EDA: Enriching Emotional Dialogue Acts using an Ensemble of Neural Annotators
This work addresses the problem of enriching conversational analysis for researchers and developers of natural dialogue systems, but it is incremental as it applies existing methods to new data.
The authors tackled the lack of dialogue act labels in emotion corpora by using an ensemble of recurrent neural models to annotate IEMOCAP and MELD with dialogue acts, discovering specific co-occurrence patterns such as Accept/Agree with Joy and Apology with Sadness.
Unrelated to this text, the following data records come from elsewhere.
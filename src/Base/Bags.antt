-- ===== src/Base/Bags.antt =====
-- Lists of numbers: membership, filters, how often a number occurs, and `sort`.
use Prim.Native.Nat.{ℕ, suc, ◌+◌, ◌≤◌, ◌<◌}
use mathlib.Core.Path.{◌≡◌, refl, ap, ap₂, sym, ◌∙◌}
use native.Mathlib.Nat.{le_refl}
use mathlib.Core.Logic.{◌↔◌, inl, inr}
use mathlib.Core.Bool.{Bool, true, false, ◌&&◌, ◌||◌}
use mathlib.Core.List.{List, [], ◌∷◌, ◌++◌}
use native.Mathlib.Omega.{arith}
use backend_htssclub.Base.Tests.{leb, ◌==◌, if◌then◌else◌, Bool-cases}
use backend_htssclub.Base.Lists.{length}

module _ {ℓ} {A : Type ℓ} where
  abbrev pub all : (A → Bool) → List A → Bool
  all p [] = true
  all p (x ∷ xs) = p x && all p xs

  abbrev pub any : (A → Bool) → List A → Bool
  any p [] = false
  any p (x ∷ xs) = p x || any p xs

  -- `filter` of the source; the library's takes a decision.
  abbrev pub keep : (A → Bool) → List A → List A
  keep p [] = []
  keep p (x ∷ xs) = if p x then x ∷ keep p xs else keep p xs

  abbrev pub All {κ} : (A → Type κ) → List A → Type κ
  All P [] = Unit
  All P (x ∷ xs) = P x × All P xs

abbrev pub contains : ℕ → List ℕ → Bool
contains a [] = false
contains a (x ∷ xs) = x == a || contains a xs

abbrev pub count : ℕ → List ℕ → ℕ
count a [] = 0
count a (x ∷ xs) = (if x == a then 1 else 0) + count a xs

-- The same numbers, each as often.
abbrev pub SameCounts : List ℕ → List ℕ → Type 0
SameCounts xs ys = (a : ℕ) → count a xs ≡ count a ys

abbrev pub IsDistinct : List ℕ → Type 0
IsDistinct [] = Unit
IsDistinct (x ∷ xs) = (contains x xs ≡ false) × IsDistinct xs

abbrev pub IsSorted : List ℕ → Type 0
IsSorted [] = Unit
IsSorted (x ∷ xs) = All (λ y. x ≤ y) xs × IsSorted xs

abbrev pub insert : ℕ → List ℕ → List ℕ
insert a [] = a ∷ []
insert a (x ∷ xs) = if leb a x then a ∷ x ∷ xs else x ∷ insert a xs

-- `xs.sort((a, b) => a - b)`
unfoldable pub sort : List ℕ → List ℕ
sort [] = []
sort (x ∷ xs) = insert x (sort xs)

pub count-append :
    (card : ℕ) (front back : List ℕ)
    → count card (front ++ back) ≡ count card front + count card back
count-append card [] back = omega arith
count-append card (f ∷ front) back = ground (arith, count-append card front back)

pub count-insert : (a x : ℕ) (xs : List ℕ) → count a (insert x xs) ≡ count a (x ∷ xs)
count-insert a x [] = refl
count-insert a x (y ∷ ys) = ground (arith, count-insert a x ys)

pub count-sort : (a : ℕ) (xs : List ℕ) → count a (sort xs) ≡ count a xs
unfolding sort
count-sort a [] = refl
count-sort a (x ∷ xs) = count-insert a x (sort xs) ∙ omega (arith, count-sort a xs)

pub length-insert : (x : ℕ) (xs : List ℕ) → length (insert x xs) ≡ suc (length xs)
length-insert x [] = refl
length-insert x (y ∷ ys) = ground (arith, length-insert x ys)

pub length-sort : (xs : List ℕ) → length (sort xs) ≡ length xs
unfolding sort
length-sort [] = refl
length-sort (x ∷ xs) = length-insert x (sort xs) ∙ ap suc (length-sort xs)

All-insert {κ} : (P : ℕ → Type κ) (x : ℕ) (xs : List ℕ) → P x → All P xs → All P (insert x xs)
All-insert P x [] p h = (p, h)
All-insert P x (y ∷ ys) p h = elim (Bool-cases (leb x y)) [
  | inl le ↦ rw le (p, h)
  | inr gt ↦ rw gt (h.0, All-insert P x ys p h.1)
]

pub All-sort {κ} : (P : ℕ → Type κ) (xs : List ℕ) → All P xs → All P (sort xs)
unfolding sort
All-sort P [] h = h
All-sort P (x ∷ xs) h = All-insert P x (sort xs) h.0 (All-sort P xs h.1)

All-le_trans : (x y : ℕ) (ys : List ℕ) → x ≤ y → All (λ z. y ≤ z) ys → All (λ z. x ≤ z) ys
All-le_trans x y [] h a = tt
All-le_trans x y (z ∷ zs) h a = (omega arith, All-le_trans x y zs h a.1)

insert-IsSorted : (x : ℕ) (xs : List ℕ) → IsSorted xs → IsSorted (insert x xs)
insert-IsSorted x [] h = (tt, tt)
insert-IsSorted x (y ∷ ys) h = elim (Bool-cases (leb x y)) [
  | inl le ↦ let p : x ≤ y = ground arith in rw le ((p, All-le_trans x y ys p h.0), h)
  | inr gt ↦
      let p : y ≤ x = ground arith in
      rw gt (All-insert (λ z. y ≤ z) x ys p h.0, insert-IsSorted x ys h.1)
]

pub sort-IsSorted : (xs : List ℕ) → IsSorted (sort xs)
unfolding sort
sort-IsSorted [] = tt
sort-IsSorted (x ∷ xs) = insert-IsSorted x (sort xs) (sort-IsSorted xs)

le_of_count : (y a : ℕ) (ys : List ℕ) → All (λ z. y ≤ z) ys → 0 < count a ys → y ≤ a
le_of_count y a [] h p = absurd (omega arith)
le_of_count y a (z ∷ zs) h p = ground (arith, h.0, le_of_count y a zs h.1)

pub count_self : (x : ℕ) (xs : List ℕ) → count x (x ∷ xs) ≡ suc (count x xs)
count_self x xs = ground arith

-- A sorted list is determined by how often each number occurs in it.
pub sorted_unique : (xs ys : List ℕ) → IsSorted xs → IsSorted ys → SameCounts xs ys → xs ≡ ys
sorted_unique [] [] sx sy h = refl
sorted_unique [] (y ∷ ys) sx sy h = absurd (omega (arith, h y, count_self y ys))
sorted_unique (x ∷ xs) [] sx sy h = absurd (omega (arith, h x, count_self x xs))
sorted_unique (x ∷ xs) (y ∷ ys) sx sy h =
    let p : x ≤ y =
      le_of_count x y (x ∷ xs) (le_refl x, sx.0) (omega (arith, h y, count_self y ys)) in
    let q : y ≤ x =
      le_of_count y x (y ∷ ys) (le_refl y, sy.0) (omega (arith, h x, count_self x xs)) in
    let e : x ≡ y = omega arith in
    let rest : SameCounts xs ys =
      λ a. omega (arith, h a, ap {B = ℕ} (λ (z : ℕ). if z == a then 1 else 0) e) in
    ap₂ ◌∷◌ e (sorted_unique xs ys sx.1 sy.1 rest)

-- So the order in which the numbers come does not show in the sorted list.
pub sort-eq_of_SameCounts : (xs ys : List ℕ) → SameCounts xs ys → sort xs ≡ sort ys
sort-eq_of_SameCounts xs ys h =
    sorted_unique (sort xs) (sort ys) (sort-IsSorted xs) (sort-IsSorted ys)
      (λ a. count-sort a xs ∙ h a ∙ sym (count-sort a ys))

pub contains_iff_count : (a : ℕ) (xs : List ℕ) → (contains a xs ≡ true) ↔ (0 < count a xs)
contains_iff_count a [] = ground arith
contains_iff_count a (x ∷ xs) = ground (arith, contains_iff_count a xs)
The recognition of emotion and dialogue acts enriches conversational analysis and help to build natural dialogue systems. Emotion interpretation makes us understand feelings and dialogue acts reflect the intentions and performative functions in the utterances. However, most of the textual and multi-modal conversational emotion corpora contain only emotion labels but not dialogue acts. To address this problem, we propose to use a pool of various recurrent neural models trained on a dialogue act corpus, with and without context. These neural models annotate the emotion corpora with dialogue act labels, and an ensemble annotator extracts the final dialogue act label. We annotated two accessible multi-modal emotion corpora: IEMOCAP and MELD. We analyzed the co-occurrence of emotion and dialogue act labels and discovered specific relations. For example, Accept/Agree dialogue acts often occur with the Joy emotion, Apology with Sadness, and Thanking with Joy. We make the Emotional Dialogue Acts (EDA) corpus publicly available to the research community for further study and analysis.